Monday, July 7, 2014

High School Matriculation: The Key Is to Understand the Whole

Yoad Shahar 

Each year the Ministry of Education publishes statistics about the rates of eligibility, by locale, for high school matriculation certificates among 12th grade students. According to this data the rate of eligibility in Jerusalem declined from 51% in 2007-2008 to 46% in 2009-2010 to 43% in 2011-2012. Yet some observers claim that these figures do not accurately represent current trends, which are influenced by policies regarding matriculation.

The Municipality of Jerusalem publishes annual statistics based on those of the Ministry of Education, after arranging them by population sectors. These data reveal that the percentage of students eligible for matriculation certificates from among 12th grade high school students enrolled in the state and state-religious education systems has in fact been rising in recent years: from 63% in 2009-2010 to 68% in 2010-2011 to 72% in 2011-2012.

Simultaneously there is a trend underway in which schools are transitioning from the independent (ultra-orthodox) and Arab education systems to the educational curriculum that prepares students for the Israeli matriculation certificate.
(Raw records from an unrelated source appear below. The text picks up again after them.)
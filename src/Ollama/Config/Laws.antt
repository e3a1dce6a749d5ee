-- ===== src/Ollama/Config/Laws.antt =====
-- Which base URLs the client of the model server accepts.
use nighwatch.Common.{
  String, Bool, true, false, ◌&&◌, ◌||◌, not, Option, none, some, [], ◌∷◌, ok, ◌>>◌, raise_if_ok,
  bind_ok, is_some, ◌==◌, contains, contains_iff, ◌≡◌, ◌≢◌, refl, arith, eq_iff, Result-cases, inl,
  inr, Memᴰ, subst,
}
use nighwatch.Python.Runtime.{Runtime}
use nighwatch.Python.Str.{strip, rstrip_char}
use nighwatch.Python.Url.{SplitResult, urlsplit, username, password, hostname}
use nighwatch.Models.Scope.{or_empty}
use nighwatch.Ollama.Config.{
  OllamaConfig, bad_config, local_hosts, is_positive, check_base, check_settings, post_init,
  from_env, or_error, timeout_text, temperature_text, tokens_text,
}

is_some-none : {A : Type 0} (v : Option A) → is_some v ≡ false → v ≡ none
is_some-none none h = refl
is_some-none (some a) h = ground (arith, h)

module _ (R : Runtime) where
  -- A base URL of the server's root, on this machine unless that is waived.
  pub record IsRoot (allow_remote : Bool) (parsed : SplitResult) : Type 0 where
    pub web : Memᴰ parsed.scheme ("http" ∷ "https" ∷ [])
    pub named : or_empty (hostname R parsed) ≢ ""
    pub anonymous : (username parsed ≡ none) × (password parsed ≡ none)
    pub root : Memᴰ parsed.path ("" ∷ "/" ∷ [])
    pub bare : (parsed.query ≡ "") × (parsed.fragment ≡ "")
    pub local : allow_remote ≡ false → Memᴰ (R.lower (or_empty (hostname R parsed))) local_hosts

  check_base-IsRoot :
      (allow_remote : Bool) (parsed : SplitResult)
      → check_base R allow_remote parsed ≡ ok tt
      → IsRoot allow_remote parsed
  unfolding check_base
  check_base-IsRoot allow_remote parsed e =
      let host = or_empty (hostname R parsed) in
      let (h1, e1) =
        raise_if_ok (not (contains ("http" ∷ "https" ∷ []) parsed.scheme) || host == "")
          (bad_config "Ollama base URL must be an http(s) URL with a hostname") _ tt e in
      let (h2, e2) =
        raise_if_ok (is_some (username parsed) || is_some (password parsed))
          (bad_config "Ollama base URL must not contain credentials") _ tt e1 in
      let (h3, e3) =
        raise_if_ok
          (not (contains ("" ∷ "/" ∷ []) parsed.path)
            || (not (parsed.query == "") || not (parsed.fragment == "")))
          (bad_config "Ollama base URL must point to the server root, not a path or query") _ tt
          e2 in
      record {
        web = (contains_iff _ _).0 (ground (arith, h1));
        named = λ h. ground (arith, h1, eq_iff host "", h);
        anonymous = (
          is_some-none (username parsed) (ground (arith, h2)),
          is_some-none (password parsed) (ground (arith, h2)),
        );
        root = (contains_iff _ _).0 (ground (arith, h3));
        bare = (
          ground (arith, h3, eq_iff parsed.query ""),
          ground (arith, h3, eq_iff parsed.fragment ""),
        );
        local = λ h. (contains_iff _ _).0 (ground (arith, e3, h));
      }

  -- A configuration of the client as it is kept, for the base URL that was given.
  pub record IsLocal (given kept : OllamaConfig R) : Type 0 where
    pub parsed : SplitResult
    pub base : kept.base_url ≡ rstrip_char b'/' given.base_url
    pub splits : urlsplit R kept.base_url ≡ ok parsed
    pub at_root : IsRoot kept.allow_remote parsed
    pub same_waiver : kept.allow_remote ≡ given.allow_remote
    pub same_model : (kept.model ≡ given.model) × (strip kept.model ≢ "")
    pub timeout : R.float_le kept.timeout_seconds (R.float 0) ≡ false
    pub tokens : is_positive kept.max_tokens ≡ true
    pub cold : R.float_le (R.float 0) kept.temperature ≡ true
    pub hot : R.float_le kept.temperature (R.float 2) ≡ true

  check_settings-IsLocal :
      (c kept : OllamaConfig R) (parsed : SplitResult)
      → urlsplit R (rstrip_char b'/' c.base_url) ≡ ok parsed
      → IsRoot c.allow_remote parsed
      → check_settings R c (rstrip_char b'/' c.base_url) ≡ ok kept
      → IsLocal c kept
  unfolding check_settings
  check_settings-IsLocal c kept parsed splits at_root e =
      let (h1, e1) =
        raise_if_ok (strip c.model == "") (bad_config "Ollama model cannot be empty") _ kept e in
      let (h2, e2) =
        raise_if_ok (R.float_le c.timeout_seconds (R.float 0))
          (bad_config "Ollama timeout must be greater than zero") _ kept e1 in
      let (h3, e3) =
        raise_if_ok (not (is_positive c.max_tokens))
          (bad_config "Ollama max_tokens must be greater than zero") _ kept e2 in
      let (h4, e4) =
        raise_if_ok
          (not (R.float_le (R.float 0) c.temperature && R.float_le c.temperature (R.float 2)))
          (bad_config "Ollama temperature must be between 0 and 2") _ kept e3 in
      let made : OllamaConfig R = record c { base_url = rstrip_char b'/' c.base_url } in
      let checked : IsLocal c made = record {
        parsed = parsed;
        base = refl;
        splits = splits;
        at_root = at_root;
        same_waiver = refl;
        same_model = (refl, λ h. ground (arith, h1, eq_iff (strip c.model) "", h));
        timeout = h2;
        tokens = ground (arith, h3);
        cold = ground (arith, h4);
        hot = ground (arith, h4);
      } in
      let same : made ≡ kept = ground (arith, e4) in subst (IsLocal c) same checked

  pub post_init-IsLocal :
      (given kept : OllamaConfig R) → post_init R given ≡ ok kept → IsLocal given kept
  unfolding post_init
  post_init-IsLocal c kept e =
      let base = rstrip_char b'/' c.base_url in
      elim (Result-cases (urlsplit R base)) [
        | inr (x, p) ↦ ground (arith, e, p)
        | inl (parsed, p) ↦
            let e1 : (check_base R c.allow_remote parsed >> check_settings R c base) ≡ ok kept =
              ground (arith, e, p) in
            let (u, q, e2) = bind_ok (check_base R c.allow_remote parsed) _ kept e1 in
            let checked : check_base R c.allow_remote parsed ≡ ok tt = q in
            check_settings-IsLocal c kept parsed p (check_base-IsRoot c.allow_remote parsed checked)
              e2
      ]

  -- Whatever the environment says, a configuration that it gives is one that was checked.
  pub from_env-IsLocal :
      (getenv : String → Option String) (model_override : Option String) (kept : OllamaConfig R)
      → from_env R getenv model_override ≡ ok kept
      → (given : OllamaConfig R) × IsLocal given kept
  unfolding from_env
  from_env-IsLocal getenv model_override kept e =
      let (t, p1, e1) = bind_ok (or_error (R.text_float (timeout_text getenv))) _ kept e in
      let (h, p2, e2) = bind_ok (or_error (R.text_float (temperature_text getenv))) _ kept e1 in
      let (n, p3, e3) = bind_ok (or_error (R.text_int (tokens_text getenv))) _ kept e2 in
      (_, post_init-IsLocal _ kept e3)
In other words, more students are taking the matriculation exams within these sectors, and therefore presumably more students are eligible for the certificate. Here lies the key to understanding the gap between the data published by the Ministry of Education and the data published by the Municipality of Jerusalem.
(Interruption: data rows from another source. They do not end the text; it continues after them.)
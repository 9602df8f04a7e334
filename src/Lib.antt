-- ===== src/Lib.antt =====
-- Verification of the core services of a cleaning company's backend (app/): disputes and refunds,
-- rate limiting, the circuit breaker, time tracking, the outbox, bookings, invoices, subscriptions,
-- links to photos, the replay of dead letters and the estimate of prices. Each part is a module:
--
-- Base         what all parts share: tests and lists over the native numbers, signed integers,
--              results of code that may raise, dictionaries as functions.
-- Circuit      app/shared/circuit_breaker.py. `ensure_available`, `record_failure` and
--              `record_success` are the sections under the breaker's lock, `call` joins them.
--              Circuit/Runs lets the sections of many calls interleave; Circuit/Window is about the
--              deque of failures, Circuit/Wedge about the trial calls.
-- RateLimit    app/infra/security.py. RateLimit/Memory is `InMemoryRateLimiter`, RateLimit/Fallback
--              `RedisRateLimiter`, whose `allow` enters itself again and is on fuel; two levels
--              are given. What Redis answers is a parameter.
-- Disputes     app/domain/disputes. Disputes/Rows has the tables; `open_dispute`, `attach_facts`,
--              `decide_dispute` and `close_dispute` are the operations of service.py.
-- TimeTracking app/domain/time_tracking. TimeTracking/Rows has the tables; the start, pause, resume
--              and end of service.py each give the database and a result, since a start may store
--              something and raise. What they store is modelled: the end of a segment, which is set
--              in the loaded object only, is not. The proofs keep the periods of work beside it.
-- Outbox       app/domain/outbox/service.py, with `_try_send_email` of
--              app/domain/notifications/email_service.py; Outbox/Webhook is `validate_webhook_url`
--              of app/infra/export.py. The network, `urlparse` and `ip_address` are parameters. An
--              attempt, a round or a check of a URL that raises gives nothing, and its transaction
--              is rolled back; `enqueue_outbox_event` works on a session, with what is committed and
--              what is written. Rows are kept in the order of `created_at`.
-- Bookings     app/domain/bookings/service.py: Bookings/Slots has the slots of a day, Bookings the
--              life of a booking, Bookings/Policies deposits, cancellation terms and risk. The
--              calendar of the local time zone is a parameter.
-- Invoices     app/domain/invoices/service.py: Invoices/Rows has the tables, Invoices/Totals the totals,
--              taxes and numbers, and the creation from an order, Invoices/Payments what is paid on an
--              invoice, Invoices/Reports the reports of Stripe and the reconciliation, with
--              `record_stripe_deposit_payment` of the bookings. A payment's insert is given
--              the rows that other requests have inserted since it looked.
-- PhotoTokens  app/api/photo_tokens.py: PhotoTokens/Strings has the methods of strings it calls,
--              PhotoTokens/Payloads what is signed, PhotoTokens/Tokens the tokens. What is documented of
--              the libraries is `IsLibrary` of PhotoTokens/Decoded, of Redis `IsUp` of
--              PhotoTokens/OneTime.
-- Subscriptions
--              app/domain/subscriptions/service.py: Subscriptions/Dates is the calendar of
--              `datetime.date`, Subscriptions/Schedule the dates of a subscription, its creation and its
--              changes, Subscriptions/Orders `generate_due_orders`, which calls `create_booking` of
--              Bookings and `create_invoice_from_order` of Invoices.
-- Replay       app/jobs/dlq_auto_replay.py, with `send_export_with_retry` of app/infra/export.py, over
--              `deliver_outbox_event` and `validate_webhook_url` of Outbox.
-- Pricing      app/domain/pricing: Pricing/Rows has the request and the configuration, Pricing/Estimator
--              `estimate` of estimator.py.
--
-- How the parts meet in the program: a booking's row carries the totals that Disputes adjusts, the
-- minutes that TimeTracking stores, and the status and the times that Bookings manages; each part
-- models the columns that it reads and writes. A run of the subscriptions books through Bookings and
-- bills through Invoices. The outbox is filled by other services and drained by a job, and Replay tries
-- its dead letters again.
--
-- Times are whole microseconds, or the breaker's own unit; identifiers and strings are numbers where
-- the code only compares them. Operations run one after another where the code locks a row or runs
-- in one transaction; the sections of the breaker, and a first start that another request overtakes,
-- are explicit. Loops are structural, but for the slots of a day, whose fuel is the number of half
-- hours in the day and one more, while each turn moves on by half an hour.
--
-- Not modelled: HTTP routes and authentication, logging and metrics, analytics, mails, migrations,
-- the storage of files, the front end, and the services not named above (leads, chat and others).
-- Left out of the parts above: the resolution of a client's address behind proxies, summaries and
-- counts that only read, the choice of a default team, the suggestion of slots in a time window,
-- overrides of bookings, the accounting export, public links and reminders of invoices, concurrent
-- runs of subscriptions, and what is logged, credited and mailed when a booking is confirmed.
-- Shares of a deposit, estimates and products of a tax rate are exact where the code multiplies
-- floats, or decimals of 28 digits.
pub mod Base
pub mod Circuit
pub mod RateLimit
pub mod Disputes
pub mod TimeTracking
pub mod Outbox
pub mod Bookings
pub mod Invoices
pub mod PhotoTokens
pub mod Subscriptions
pub mod Replay
pub mod Pricing
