-- ===== src/Base/Maps.antt =====
-- A dictionary whose keys are only compared: a function from keys to what is stored under them.
use Prim.Native.Nat.{ℕ}
use mathlib.Core.Bool.{false}
use mathlib.Core.Logic.{inl, inr}
use mathlib.Core.Option.{Option, none, some, some-injective}
use mathlib.Core.Path.{◌≡◌, subst, sym, ap, ◌∙◌}
use native.Mathlib.Omega.{arith}
use clean.Base.Tests.{◌==◌, if◌then◌else◌, Bool-cases}

module _ {ℓ} {V : Type ℓ} where
  abbrev pub empty : ℕ → Option V
  empty _ = none

  -- `d[k] = v`
  abbrev pub put : ℕ → V → (ℕ → Option V) → ℕ → Option V
  put k v d j = if k == j then some v else d j

  -- `d.get(k, v)`
  abbrev pub get_or : Option V → V → V
  get_or none v = v
  get_or (some u) _ = u

  -- A property of all that is stored under other keys, and of one more thing.
  pub put-keeps_ne {κ} :
      (P : ℕ → V → Type κ) (k : ℕ) (v : V) (d : ℕ → Option V)
      → ((j : ℕ) (u : V) → (k == j) ≡ false → d j ≡ some u → P j u)
      → P k v
      → (j : ℕ) (u : V) → put k v d j ≡ some u
      → P j u
  put-keeps_ne P k v d all new j u e = elim (Bool-cases (k == j)) [
    | inl here ↦
        let same : k ≡ j = ground arith in
        let e' : some v ≡ some u = rw here at e in
        subst (λ i. P i u) same (subst (P k) (some-injective v u e') new)
    | inr other ↦ all j u other (rw other at e)
  ]

  pub put-keeps {κ} :
      (P : ℕ → V → Type κ) (k : ℕ) (v : V) (d : ℕ → Option V)
      → ((j : ℕ) (u : V) → d j ≡ some u → P j u)
      → P k v
      → (j : ℕ) (u : V) → put k v d j ≡ some u
      → P j u
  put-keeps P k v d all new = put-keeps_ne P k v d (λ j u _ e. all j u e) new

  -- Storing over `old` what follows it by `R`: every entry is still there, as it was or after `R`.
  pub put-follows {κ} :
      (R : V → V → Type κ) (k : ℕ) (old new : V) (d : ℕ → Option V)
      → ((v : V) → R v v)
      → d k ≡ some old
      → R old new
      → (j : ℕ) (u : V) → d j ≡ some u
      → (u' : V) × (put k new d j ≡ some u') × R u u'
  put-follows R k old new d same stored step j u e = elim (Bool-cases (k == j)) [
    | inl here ↦
        let eq : k ≡ j = ground arith in
        let e' : some old ≡ some u = sym stored ∙ ap d eq ∙ e in
        (new, rw here, subst (λ v. R v new) (some-injective old u e') step)
    | inr other ↦ (u, rw other e, same u)
  ]

  -- Storing under a key that holds nothing leaves every entry as it was.
  pub put-untaken :
      (k : ℕ) (v : V) (d : ℕ → Option V)
      → d k ≡ none
      → (j : ℕ) (u : V) → d j ≡ some u
      → put k v d j ≡ some u
  put-untaken k v d free j u e = elim (Bool-cases (k == j)) [
    | inl here ↦
        let eq : k ≡ j = ground arith in
        let clash : none ≡ some u = sym free ∙ ap d eq ∙ e in cc clash
    | inr other ↦ rw other e
  ]
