-- ===== src/Bookings/Rows.antt =====
-- The rows of app/domain/bookings that slots and the life of a booking depend on. Times are whole
-- microseconds, identifiers and strings are numbers.
use clean.Base.{ℕ, ◌*◌, Bool, Option, List}

pub data Status : Type 0 where
  pending confirmed done cancelled : Status

pub data DepositStatus : Type 0 where
  awaiting paid expired failed : DepositStatus

pub record Booking : Type 0 where
  pub booking_id : ℕ
  pub team_id : ℕ
  pub lead_id : Option ℕ
  pub starts_at : ℕ
  pub duration_minutes : ℕ
  pub planned_minutes : Option ℕ
  pub status : Status
  pub is_high_risk : Bool  -- `risk_band == "HIGH"`
  pub deposit_required : Bool
  pub deposit_cents : Option ℕ
  pub deposit_status : Option DepositStatus
  pub checkout_session_id : Option ℕ
  pub payment_intent_id : Option ℕ
  pub created_at : ℕ
  pub actual_duration_minutes : Option ℕ
  pub actual_seconds : Option ℕ

-- `TeamWorkingHours`, as times of the day.
pub record WorkingHours : Type 0 where
  pub start_time : ℕ
  pub end_time : ℕ

-- `TeamBlackout`
pub record Blackout : Type 0 where
  pub team_id : ℕ
  pub starts_at : ℕ
  pub ends_at : ℕ

pub record Store : Type 0 where
  pub bookings : List Booking
  pub teams : List ℕ
  pub working_hours : ℕ → ℕ → Option WorkingHours  -- by team and weekday
  pub blackouts : List Blackout

-- The calendar of the local time zone: the date of a time, the weekday of a date, and the time at
-- which a date has a time of the day.
pub record Calendar : Type 0 where
  pub local_date : ℕ → ℕ
  pub weekday : ℕ → ℕ
  pub at : ℕ → ℕ → ℕ

pub data Error : Type 0 where
  team_not_found slot_taken reschedule_cancelled terminal_status bad_transition : Error
  not_positive already_completed : Error

abbrev pub minutes : ℕ → ℕ
minutes m = m * 60_000_000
As noted, eligibility for the matriculation certificate is calculated on the basis of the total number of students enrolled in 12th grade. However, the 12th graders who are counted are only those enrolled in schools that offer students the option of taking the matriculation exams. Thus two different problems arise regarding calculation of the whole. First, if we were to calculate the number of students eligible for a matriculation certificate in 2011-2012 out of the total number of 12th grade students (including those enrolled in schools whose students do not have the option of taking matriculation exams), the whole figure out of which the proportion of eligible students is calculated would be greater, and therefore the eligibility rate would be less than 43%. Second, under the current system of calculating the whole, as more ultra-orthodox and Arab schools transition to the Israeli matriculation curriculum, all of their students are counted in the calculation of the total number of students – the whole – even though during the early years only a few of their students actually take the matriculation exams. In other words, as more schools transition to the matriculation curriculum, they bring down the overall eligibility rate within the city. 
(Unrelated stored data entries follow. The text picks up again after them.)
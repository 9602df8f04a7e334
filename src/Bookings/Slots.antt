-- ===== src/Bookings/Slots.antt =====
-- The slots of a day: `generate_slots` and `is_slot_available` of app/domain/bookings/service.py.
use clean.Base.{
  ℕ, zero, suc, ◌+◌, ◌-◌, ◌/◌, Bool, true, false, not, ◌&&◌, List, [], ◌∷◌, ◌++◌, map, Option, none,
  some, ltb, leb, ◌==◌, if◌then◌else◌, any, keep,
}
use clean.Bookings.Rows.{
  Status, pending, confirmed, Booking, WorkingHours, Blackout, Store, Calendar, minutes,
}

abbrev pub slot_step : ℕ
slot_step = minutes 30

abbrev pub buffer : ℕ
buffer = minutes 30

-- `BLOCKING_STATUSES`
abbrev pub is_blocking : Status → Bool
is_blocking pending = true
is_blocking confirmed = true
is_blocking _ = false

-- `_day_window` for the hours from `start` to `end`.
unfoldable pub window_of : Calendar → ℕ → ℕ → ℕ → Option (ℕ × ℕ)
window_of c date start end = if leb end start then none else some (c.at date start, c.at date end)

-- `_day_window`; without hours of the team, from 9 to 18.
unfoldable pub day_window : Calendar → ℕ → Option WorkingHours → Option (ℕ × ℕ)
unfolding window_of
day_window c date none = window_of c date (minutes 540) (minutes 1080)
day_window c date (some h) = window_of c date h.start_time h.end_time

-- `_booking_window_filters`; the source subtracts from the day's start what stands on the left here.
unfoldable pub in_window : ℕ → ℕ → ℕ → Booking → Bool
in_window team day_start day_end b =
    (b.team_id == team)
    && (ltb b.starts_at (day_end + buffer)
        && (ltb day_start (b.starts_at + buffer + minutes 720) && is_blocking b.status))

-- A window from `start` less `margin` to `stop` and `margin`.
pub record Blocked : Type 0 where
  pub start : ℕ
  pub stop : ℕ
  pub margin : ℕ

abbrev pub finish : Booking → ℕ
finish b = b.starts_at + minutes b.duration_minutes

unfoldable pub blocked_by : Booking → Blocked
blocked_by b = record { start = b.starts_at; stop = finish b; margin = buffer }

unfoldable pub blacked_out : Blackout → Blocked
blacked_out o = record { start = o.starts_at; stop = o.ends_at; margin = 0 }

unfoldable pub is_excluded : Option ℕ → Booking → Bool
is_excluded none b = false
is_excluded (some id) b = b.booking_id == id

-- `_blackouts_for_window`
unfoldable pub touches : ℕ → ℕ → ℕ → Blackout → Bool
touches team day_start day_end o =
    (o.team_id == team) && (ltb o.starts_at day_end && ltb day_start o.ends_at)

unfoldable pub blocked_windows : Store → ℕ → ℕ → ℕ → Option ℕ → List Blocked
unfolding is_excluded touches
blocked_windows s team day_start day_end excluded =
    map blocked_by (
      keep (λ b. not (is_excluded excluded b)) (keep (in_window team day_start day_end) s.bookings))
    ++ map blacked_out (keep (touches team day_start day_end) s.blackouts)

unfoldable pub conflicts : ℕ → ℕ → Blocked → Bool
conflicts candidate candidate_end b =
    ltb candidate (b.stop + b.margin) && ltb b.start (candidate_end + b.margin)

-- The loop from `candidate` on, on fuel.
unfoldable pub slots_from : ℕ → ℕ → ℕ → List Blocked → ℕ → List ℕ
slots_from zero duration day_end blocked candidate = []
slots_from (suc fuel) duration day_end blocked candidate =
    let rest = slots_from fuel duration day_end blocked (candidate + slot_step) in
    if leb (candidate + duration) day_end
    then (if any (conflicts candidate (candidate + duration)) blocked
        then rest
        else candidate ∷ rest)
    else []

unfoldable pub slots_in : Option (ℕ × ℕ) → ℕ → Store → ℕ → Option ℕ → List ℕ
unfolding slots_from
slots_in none duration s team excluded = []
slots_in (some (day_start, day_end)) duration s team excluded =
    slots_from (suc ((day_end - day_start) / slot_step)) duration day_end
      (blocked_windows s team day_start day_end excluded) day_start

-- `generate_slots` for a team.
unfoldable pub generate_slots : Calendar → ℕ → ℕ → Store → ℕ → Option ℕ → List ℕ
unfolding slots_in
generate_slots c date duration_minutes s team excluded =
    slots_in (day_window c date (s.working_hours team (c.weekday date))) (minutes duration_minutes)
      s team excluded

-- `is_slot_available`
unfoldable pub is_slot_available : Calendar → ℕ → ℕ → Store → ℕ → Option ℕ → Bool
is_slot_available c starts_at duration_minutes s team excluded =
    any (λ t. t == starts_at)
      (generate_slots c (c.local_date starts_at) duration_minutes s team excluded)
So what is the correct way to calculate eligibility for a matriculation certificate? The question depends on the objective of the calculation. One objective could be the assessment of eligibility as an indicator of students’ future earning power. Towards this objective it would be appropriate to include all the city’s 12th grade students in calculating the whole, and consequently the eligibility percentage for 2011-2012 is less than 43%.

Another objective could be to develop an indicator of the quality of the city’s educational institutions. A high eligibility rate indicates a successful educational system, which often serves as a criterion for parents who are considering moving to the city. Towards this objective it is appropriate to calculate the eligibility percentage on the basis of the number of students enrolled in schools that have adopted the matriculation certificate as a measure of the quality of their education. However, this approach does not address the catch created by the transition of ultra-orthodox and Arab schools to the matriculation curriculum: at least in the short term, these schools bring down the city’s eligibility rates. Accordingly, the Municipality of Jerusalem is right to calculate the matriculation certificate eligibility rates by education sectors, thus producing a more complex representation of existing trends in the city with regard to this issue.